Much of the information was not in the nature of opinion, free and frank or otherwise. Much of it was administrative in nature, for example, providing copies and seeking further information. Some of it could be inferred from the publicly available material. Many of the staff were only involved in a tangential or minor way.

The staff who did express opinions were also relatively senior, either by virtue of their management functions, or their recognised expertise in a particular area. As experienced public servants and professional scientists, these individuals could be expected to continue to express their opinions freely and frankly in the future, and not to be deterred by the disclosure of what was largely innocuous material in connection with their identities.

In the Ombudsman’s opinion, section 9(2)(g)(i) of the OIA did not apply to the names.

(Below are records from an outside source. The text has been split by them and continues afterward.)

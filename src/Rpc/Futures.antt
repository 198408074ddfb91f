-- ===== src/Rpc/Futures.antt =====
-- What the broker's writes do to the futures (agent_rpc.py, `set_result`, `set_exception`,
-- `_fail_pending`).
use constella.Prelude.{
  ℕ, zero, suc, ◌≡◌, refl, sym, ◌∙◌, Bool, true, false, some, List, [], ◌∷◌, Text, text_eq,
  get_elem?, inl, inr, Bool-cases, eq_of_some, ap, if◌then◌else◌,
}
use constella.Prelude.Keyed.{find}
use constella.Rpc.Broker.{set_outcome, settle, fail_pending}
use constella.Rpc.Data.{
  key_eq→eq, pending_keys, Key, Future, Outcome, RpcError, failed, key_eq, is_waiting, pending_of,
}

-- The future at a place.
abbrev pub IsAt : ℕ → Future → List Future → Type 0
IsAt i f fs = get_elem? fs i ≡ some f

-- A step on the futures: those that are done stay as they are, and those that wait after it waited
-- before, unchanged.
pub record Settles (fs fs' : List Future) : Type 0 where
  pub done : (i : ℕ) (f : Future) → IsAt i f fs → is_waiting f.outcome ≡ false → IsAt i f fs'
  pub still_open : (i : ℕ) (f : Future) → IsAt i f fs' → is_waiting f.outcome ≡ true → IsAt i f fs
  pub kept : (i : ℕ) (f : Future) → IsAt i f fs → (g : Future) × (IsAt i g fs') × (g.key ≡ f.key)
  pub known : (i : ℕ) (f : Future) → IsAt i f fs' → (g : Future) × (IsAt i g fs) × (g.key ≡ f.key)

pub Settles-refl : (fs : List Future) → Settles fs fs
Settles-refl fs = record {
  done = (λ i f here settled. here);
  still_open = (λ i f here wait. here);
  kept = (λ i f here. (f, here, refl));
  known = (λ i f here. (f, here, refl));
}

pub Settles-trans : (fs gs hs : List Future) → Settles fs gs → Settles gs hs → Settles fs hs
Settles-trans fs gs hs p q = record {
  done = (λ i f here settled. q.done i f (p.done i f here settled) settled);
  still_open = (λ i f here wait. p.still_open i f (q.still_open i f here wait) wait);
  kept = (λ i f here.
      let (g, here', same) = p.kept i f here in
      let (h, here'', same') = q.kept i g here' in (h, here'', same' ∙ same));
  known = (λ i f here.
      let (g, here', same) = q.known i f here in
      let (h, here'', same') = p.known i g here' in (h, here'', same' ∙ same));
}

both_ways : (b : Bool) → b ≡ false → b ≡ true → ⊥
both_ways b off on = cc

-- Where the future waits, the guard makes no difference.
pub set_outcome-settle :
    (i : ℕ) (o : Outcome) (f : Future) (fs : List Future)
    → IsAt i f fs
    → is_waiting f.outcome ≡ true
    → set_outcome i o fs ≡ settle i o fs
unfolding set_outcome settle
set_outcome-settle i o f [] here wait = refl
set_outcome-settle zero o f (g ∷ fs) here wait =
    let it : is_waiting g.outcome ≡ true =
      ap (λ (x : Future). is_waiting x.outcome) (eq_of_some here) ∙ wait in
    rw it refl
set_outcome-settle (suc i) o f (g ∷ fs) here wait =
    ap (λ gs. g ∷ gs) (set_outcome-settle i o f fs here wait)

settle-done :
    (i j : ℕ) (o : Outcome) (f : Future) (fs : List Future)
    → IsAt j f fs
    → is_waiting f.outcome ≡ false
    → IsAt j f (settle i o fs)
unfolding settle
settle-done i j o f [] here done = here
settle-done zero zero o f (g ∷ fs) here done =
    let same : g ≡ f = eq_of_some here in
    let settled : is_waiting g.outcome ≡ false =
      ap (λ (x : Future). is_waiting x.outcome) same ∙ done in
    simp settled here
settle-done zero (suc j) o f (g ∷ fs) here done = here
settle-done (suc i) zero o f (g ∷ fs) here done = here
settle-done (suc i) (suc j) o f (g ∷ fs) here done = settle-done i j o f fs here done

-- Where the outcome is a final one, the place it is set at waits no more.
settle-open :
    (i j : ℕ) (o : Outcome) (f : Future) (fs : List Future)
    → is_waiting o ≡ false
    → IsAt j f (settle i o fs)
    → is_waiting f.outcome ≡ true
    → IsAt j f fs
unfolding settle
settle-open i j o f [] final here wait = here
settle-open zero zero o f (g ∷ fs) final here wait = elim (Bool-cases (is_waiting g.outcome)) [
  | inl open_ ↦
      let set_ : o ≡ f.outcome = ap (λ (x : Future). x.outcome) (eq_of_some (simp open_ at here)) in
      absurd (both_ways _ (rw set_ at final) wait)
  | inr done ↦ simp done at here
]
settle-open zero (suc j) o f (g ∷ fs) final here wait = here
settle-open (suc i) zero o f (g ∷ fs) final here wait = here
settle-open (suc i) (suc j) o f (g ∷ fs) final here wait = settle-open i j o f fs final here wait

settle-known :
    (i j : ℕ) (o : Outcome) (f : Future) (fs : List Future)
    → IsAt j f (settle i o fs)
    → (g : Future) × (IsAt j g fs) × (g.key ≡ f.key)
unfolding settle
settle-known i j o f [] here = (f, here, refl)
settle-known zero zero o f (g ∷ fs) here = elim (Bool-cases (is_waiting g.outcome)) [
  | inl wait ↦ (g, refl, ap (λ (x : Future). x.key) (eq_of_some (simp wait at here)))
  | inr done ↦ (g, refl, ap (λ (x : Future). x.key) (eq_of_some (simp done at here)))
]
settle-known zero (suc j) o f (g ∷ fs) here = (f, here, refl)
settle-known (suc i) zero o f (g ∷ fs) here = (f, here, refl)
settle-known (suc i) (suc j) o f (g ∷ fs) here = settle-known i j o f fs here

settle-kept :
    (i j : ℕ) (o : Outcome) (f : Future) (fs : List Future)
    → IsAt j f fs
    → (g : Future) × (IsAt j g (settle i o fs)) × (g.key ≡ f.key)
unfolding settle
settle-kept i j o f [] here = (f, here, refl)
settle-kept zero zero o f (g ∷ fs) here = elim (Bool-cases (is_waiting g.outcome)) [
  | inl wait ↦
      (record g { outcome = o }, simp wait refl, ap (λ (x : Future). x.key) (eq_of_some here))
  | inr done ↦ (g, simp done refl, ap (λ (x : Future). x.key) (eq_of_some here))
]
settle-kept zero (suc j) o f (g ∷ fs) here = (f, here, refl)
settle-kept (suc i) zero o f (g ∷ fs) here = (f, here, refl)
settle-kept (suc i) (suc j) o f (g ∷ fs) here = settle-kept i j o f fs here

pub Settles-settle :
    (i : ℕ) (o : Outcome) (fs : List Future) → is_waiting o ≡ false → Settles fs (settle i o fs)
Settles-settle i o fs final = record {
  done = (λ j f here done. settle-done i j o f fs here done);
  still_open = (λ j f here wait. settle-open i j o f fs final here wait);
  kept = (λ j f here. settle-kept i j o f fs here);
  known = (λ j f here. settle-known i j o f fs here);
}

Settles-if_settle :
    (b : Bool) (i : ℕ) (o : Outcome) (fs : List Future)
    → is_waiting o ≡ false
    → Settles fs (if b then settle i o fs else fs)
Settles-if_settle true i o fs final = Settles-settle i o fs final
Settles-if_settle false i o fs final = Settles-refl fs

pub Settles-fail_pending :
    (node : Text) (e : RpcError) (p : List (Key × ℕ)) (fs : List Future)
    → Settles fs (fail_pending node e p fs)
unfolding fail_pending
Settles-fail_pending node e [] fs = Settles-refl fs
Settles-fail_pending node e ((k, i) ∷ p) fs =
    Settles-trans fs _ _ (Settles-if_settle (text_eq k.node_id node) i (failed e) fs refl)
      (Settles-fail_pending node e p _)

none_not_at : (i : ℕ) (f : Future) → IsAt i f [] → ⊥
none_not_at i f here = cc

settle_self :
    (i : ℕ) (o : Outcome) (f : Future) (fs : List Future)
    → is_waiting o ≡ false
    → IsAt i f (settle i o fs)
    → is_waiting f.outcome ≡ false
unfolding settle
settle_self i o f [] final here = absurd (none_not_at i f here)
settle_self zero o f (g ∷ fs) final here = elim (Bool-cases (is_waiting g.outcome)) [
  | inl open_ ↦
      let set_ : o ≡ f.outcome = ap (λ (x : Future). x.outcome) (eq_of_some (simp open_ at here)) in
      rw set_ at final
  | inr done ↦
      let same : g ≡ f = eq_of_some (simp done at here) in
      ap (λ (x : Future). is_waiting x.outcome) (sym same) ∙ done
]
settle_self (suc i) o f (g ∷ fs) final here = settle_self i o f fs final here

-- After `_fail_pending` of a node, no future that the node's pending keys name is waiting.
pub fail_pending-fails :
    (node : Text) (e : RpcError) (p : List (Key × ℕ)) (fs : List Future) (k : Key) (i : ℕ)
    (f : Future)
    → pending_of k p ≡ some i
    → text_eq k.node_id node ≡ true
    → IsAt i f (fail_pending node e p fs)
    → is_waiting f.outcome ≡ false
unfolding fail_pending find
fail_pending-fails node e [] fs k i f found mine here = cc
fail_pending-fails node e ((j, h) ∷ p) fs k i f found mine here = elim (Bool-cases (key_eq j k)) [
  | inl same ↦
      let place : h ≡ i = eq_of_some (simp same at found) in
      let named : text_eq j.node_id node ≡ true = rw (key_eq→eq j k same) mine in
      let failed_here : IsAt i f (fail_pending node e p (settle i (failed e) fs)) =
        simp (named, place) at here in
      let after = Settles-fail_pending node e p (settle i (failed e) fs) in
      let (g, before, keys) = after.known i f failed_here in
      let done = settle_self i (failed e) g fs refl before in
      let there = after.done i g before done in
      ap (λ (x : Future). is_waiting x.outcome) (eq_of_some (sym failed_here ∙ there)) ∙ done
  | inr other ↦ fail_pending-fails node e p _ k i f (simp other at found) mine here
]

Section 9(2)(a) of the OIA provides good reason for withholding official information (subject to a public interest test) if, and only if, it is ‘necessary to protect the privacy of natural persons’. The Ombudsman began from the starting point that it will not usually be necessary to withhold staff names in order to protect their privacy.

The Ombudsman consulted the Privacy Commissioner. The Commissioner concluded that the privacy interest in the names was ‘very weak’. It was difficult to see any residual privacy interest in the already-published names. She stated that ‘where information identifies senior officials and concerns only the exercise of official duties, it is difficult to see that any expectation of privacy could reasonably be held.’ ESR had not ‘put forward any strong argument as to why these officials have a particular privacy interest at stake here.’ Given ‘their level of seniority, and the public function that they are discharging,’ they did not have a strong privacy interest in withholding their identities from release.

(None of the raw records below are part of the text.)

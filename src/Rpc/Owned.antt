-- ===== src/Rpc/Owned.antt =====
-- Which connection a waiting request belongs to (agent_rpc.py).
use constella.Prelude.{
  true_not_false, ℕ, ◌≡◌, refl, sym, ap, subst, ◌∙◌, true, false, some, List, Text, text_eq,
  text_eq→eq, text_eq-sym, arith, inl, inr, Bool-cases, eq_of_some,
}
use constella.Prelude.Dicts.{lookup, insert, erase, lookup-insert, lookup-erase}
use constella.Rpc.Broker.{fail_pending, replaces, holds_connection, register, unregister}
use constella.Rpc.Data.{
  Key, Connection, Future, Broker, RpcError, agent_unavailable, is_waiting, pending_of,
}
use constella.Rpc.Futures.{IsAt, Settles, Settles-fail_pending, fail_pending-fails}

-- The node's present connection is the one the request went out on, and its key leads to it.
abbrev pub IsServed : Broker → ℕ → Future → Type 0
IsServed b i f =
    (c : Connection) × (lookup f.key.node_id b.connections ≡ some c)
    × (c.connection_id ≡ f.sent_on)
    × (pending_of f.key b.pending ≡ some i)

pub record IsOwned (b : Broker) : Type 0 where
  pub served :
      (i : ℕ) (f : Future) → IsAt i f b.futures → is_waiting f.outcome ≡ true → IsServed b i f
  pub unique :
      (i j : ℕ) (f g : Future) → IsAt i f b.futures → IsAt j g b.futures → f.key ≡ g.key → i ≡ j
  pub named :
      (k : Key) (i : ℕ)
      → pending_of k b.pending ≡ some i
      → (f : Future) × (IsAt i f b.futures) × (f.key ≡ k)

pub IsOwned-Settles :
    (b : Broker) (fs : List Future)
    → Settles b.futures fs
    → IsOwned b
    → IsOwned (record b { futures = fs })
IsOwned-Settles b fs step ok = record {
  served = (λ i f here wait. ok.served i f (step.still_open i f here wait) wait);
  unique = (λ i j f g here there same.
      let (f', here', e) = step.known i f here in
      let (g', there', e') = step.known j g there in
      ok.unique i j f' g' here' there' (e ∙ same ∙ sym e'));
  named = (λ k i found.
      let (f, here, e) = ok.named k i found in
      let (g, there, e') = step.kept i f here in (g, there, e' ∙ e));
}

-- Writing a connection keeps the requests that wait when they are of its id.
pub IsOwned-insert :
    (node : Text) (c : Connection) (b : Broker)
    → ((i : ℕ) (f : Future)
        → IsAt i f b.futures
        → is_waiting f.outcome ≡ true
        → text_eq node f.key.node_id ≡ true
        → c.connection_id ≡ f.sent_on)
    → IsOwned b
    → IsOwned (record b { connections = insert node c b.connections })
IsOwned-insert node c b theirs ok = record {
  served = (λ i f here wait.
      let (d, at_node, own, key) = ok.served i f here wait in
      elim (Bool-cases (text_eq node f.key.node_id)) [
        | inl same ↦ (
          c,
          rw (lookup-insert node f.key.node_id c b.connections, same) refl,
          theirs i f here wait same,
          key,
        )
        | inr other ↦
            (d, rw (lookup-insert node f.key.node_id c b.connections, other) at_node, own, key)
      ]);
  unique = ok.unique;
  named = ok.named;
}

-- A waiting request of a node with this connection was sent on it.
pub sent_on-connection :
    (node : Text) (c : Connection) (b : Broker)
    → IsOwned b
    → lookup node b.connections ≡ some c
    → (i : ℕ) (f : Future) → IsAt i f b.futures
    → is_waiting f.outcome ≡ true
    → text_eq node f.key.node_id ≡ true
    → c.connection_id ≡ f.sent_on
sent_on-connection node c b ok found i f here wait same =
    let (d, at_node, own, key) = ok.served i f here wait in
    let c_is : c ≡ d = eq_of_some (sym found ∙ rw (text_eq→eq node f.key.node_id same) at_node) in
    ap (λ (x : Connection). x.connection_id) c_is ∙ own

nobody_waits :
    (node : Text) (e : RpcError) (b : Broker)
    → IsOwned b
    → (i : ℕ) (f : Future) → IsAt i f (fail_pending node e b.pending b.futures)
    → is_waiting f.outcome ≡ true
    → text_eq node f.key.node_id ≡ true
    → ⊥
nobody_waits node e b ok i f here wait same =
    let before = (Settles-fail_pending node e b.pending b.futures).still_open i f here wait in
    let (d, at_node, own, key) = ok.served i f before wait in
    let gone =
      fail_pending-fails node e b.pending b.futures f.key i f key
        (text_eq-sym f.key.node_id node ∙ same) here in
    true_not_false (sym wait ∙ gone)

IsOwned-erase :
    (node : Text) (b : Broker)
    → ((i : ℕ) (f : Future)
        → IsAt i f b.futures
        → is_waiting f.outcome ≡ true
        → text_eq node f.key.node_id ≡ true
        → ⊥)
    → IsOwned b
    → IsOwned (record b { connections = erase node b.connections })
IsOwned-erase node b nobody ok = record {
  served = (λ i f here wait.
      let (d, at_node, own, key) = ok.served i f here wait in
      elim (Bool-cases (text_eq node f.key.node_id)) [
        | inl same ↦ absurd (nobody i f here wait same)
        | inr other ↦
            (d, rw (lookup-erase node f.key.node_id b.connections, other) at_node, own, key)
      ]);
  unique = ok.unique;
  named = ok.named;
}

not_replaced : (d : Connection) (c : ℕ) → replaces (some d) c ≡ false → d.connection_id ≡ c
not_replaced d c h = ground arith

kept_id :
    (node : Text) (c : Connection) (b : Broker)
    → IsOwned b
    → replaces (lookup node b.connections) c.connection_id ≡ false
    → (i : ℕ) (f : Future) → IsAt i f b.futures
    → is_waiting f.outcome ≡ true
    → text_eq node f.key.node_id ≡ true
    → c.connection_id ≡ f.sent_on
kept_id node c b ok kept i f here wait same =
    let (d, at_node, own, key) = ok.served i f here wait in
    let found : lookup node b.connections ≡ some d =
      rw (text_eq→eq node f.key.node_id same) at_node in
    sym
      (not_replaced d c.connection_id (subst (λ o. replaces o c.connection_id ≡ false) found kept))
    ∙ own

pub IsOwned-register :
    (node : Text) (c : Connection) (b : Broker) → IsOwned b → IsOwned (register node c b)
unfolding register
IsOwned-register node c b ok =
    elim (Bool-cases (replaces (lookup node b.connections) c.connection_id)) [
      | inl replaced ↦ simp replaced (
          IsOwned-insert node c
            (record b { futures = fail_pending node agent_unavailable b.pending b.futures })
            (λ i f here wait same.
              absurd (nobody_waits node agent_unavailable b ok i f here wait same))
            (IsOwned-Settles b _ (Settles-fail_pending node agent_unavailable b.pending b.futures)
              ok))
      | inr kept ↦ simp kept (
          IsOwned-insert node c b
            (λ i f here wait same. kept_id node c b ok kept i f here wait same) ok)
    ]

pub IsOwned-unregister :
    (node : Text) (c : ℕ) (b : Broker) → IsOwned b → IsOwned (unregister node c b)
unfolding unregister
IsOwned-unregister node c b ok =
    elim (Bool-cases (holds_connection (lookup node b.connections) c)) [
      | inl own ↦ simp own (
          IsOwned-erase node _
            (λ i f here wait same. nobody_waits node agent_unavailable b ok i f here wait same)
            (IsOwned-Settles b _ (Settles-fail_pending node agent_unavailable b.pending b.futures)
              ok))
      | inr other ↦ simp other ok
    ]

The Ombudsman did not see did not see a privacy interest in the names of the staff in this case because:

  • as relatively senior officials, they should reasonably expect some information about the performance of their jobs to be disclosed; and
  • the information was connected with the performance of their public functions (insofar as ESR is wholly owned by the New Zealand Government) and not their private lives.

He concluded that there was little or no privacy interest at stake here, and therefore, it was not necessary to withhold the names under section 9(2)(a) of the OIA.   

Public interest

The Ombudsman went on to consider the public interest in release of the information, even though this was not strictly necessary. He noted the Sustainability Council’s concerns about how this matter had been handled by the NZFSA and ESR. The Council wanted to see which individuals were involved in the contracts and understandings that defined how the scientific investigation was to be undertaken, what it was to address, and other relevant parameters.

This was not a case where disclosure of the names would add little or no value to the information already disclosed. In light of the Sustainability Council’s concerns about the credibility and integrity of the review, there was a public interest in both agencies being completely transparent about their handling of the matter.


The Ombudsman formed the opinion that there was no good reason to withhold the names, and the NZFSA and ESR agreed to release them.

This case note is published under the authority of the Ombudsmen Rules 1989. It sets out an Ombudsman’s view on the facts of a particular case. It should not be taken as establishing any legal precedent that would bind an Ombudsman in future.